I heard a rumor that you could kill a deer with a 410. just as easily as with a 12 gauge


----------



## huntingdude16 (Jul 17, 2007)

You can kill deer, but you'll never duplicate a 12ga slug.


----------



## 308 (Jul 10, 2007)

To 35-40 yards. Thats what my grandfather shot his first deer with.


----------



## boondocks (Jan 27, 2006)

You can kill a deer with a .22 rimfire also but why would you?


----------



## Ron Gilmore (Jan 7, 2003)

Each state sets its regulations in regards to legal weapons. Some states allow the use of a .410 bore shotgun with slugs, others only allow 20 ga and up.

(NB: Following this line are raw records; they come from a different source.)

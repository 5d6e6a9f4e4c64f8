-- ===== src/ThreadTable/Capacity.antt =====
-- How many threads the table holds: entering one fills every free row.
use fake_libc.Common.{ℕ, ◌≡◌, ◌≢◌, refl, false, [], ◌∷◌, arith}
use fake_libc.ThreadTable.{Table, my_settid_to_thread, my_gettid_from_thread}
use fake_libc.ThreadTable.Lookup.{has_free, has_thread, gettid-settid_other}

-- Entering a thread leaves no row free.
has_free-settid :
    (t tid : ℕ) (table : Table) → t ≢ 0 → has_free (my_settid_to_thread t tid table) ≡ false
unfolding my_settid_to_thread has_free
has_free-settid t tid [] pos = refl
has_free-settid t tid (e ∷ table) pos = ground (arith, has_free-settid t tid table pos)

-- A table with no free row does not take a thread.
settid-full :
    (t tid : ℕ) (table : Table) → has_free table ≡ false → my_settid_to_thread t tid table ≡ table
unfolding my_settid_to_thread has_free
settid-full t tid [] full = refl
settid-full t tid (e ∷ table) full = ground (arith, settid-full t tid table)

gettid-absent :
    (t : ℕ) (table : Table) → has_thread t table ≡ false → my_gettid_from_thread t table ≡ 0
unfolding my_gettid_from_thread has_thread
gettid-absent t [] new = refl
gettid-absent t (e ∷ table) new = ground (arith, gettid-absent t table)

-- Of two distinct threads, with handles that are not 0, the second one, if it has no row yet, is
-- not recorded when it is entered behind the first: its id reads as 0, whatever the size of the
-- table.
pub gettid-settid_second :
    (t u tid uid : ℕ) (table : Table)
    → t ≢ 0
    → u ≢ 0
    → u ≢ t
    → has_thread u table ≡ false
    → my_gettid_from_thread u (my_settid_to_thread u uid (my_settid_to_thread t tid table)) ≡ 0
gettid-settid_second t u tid uid table pt pu ne new =
    rw
      (
        settid-full u uid (my_settid_to_thread t tid table) (has_free-settid t tid table pt),
        gettid-settid_other t tid u table pu ne,
      )
      (gettid-absent u table new)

I have never shot a deer with one but was around a couple guys who used them and killed deer just as dead as I did with a 12! Like any gun it is limited to the shooters ability and the load for range and effectiveness.

!


----------



## weasle414 (Dec 31, 2006)

It's doable, but not as easily as with a 12. I know a few people who hunt with 410's and have really good luck out to 40 yards. In fact a kid that's in my choir shot 2 deer with his 410 this fall, neither went more than 30 yards. Both where about 35-40 yards away when he pulled the trigger.


----------



## sotaman (Apr 6, 2004)

here is some Cliff Claivine information for you. If a 410 was to be gauged like the other shotguns out there it would be a 64 gauge.


----------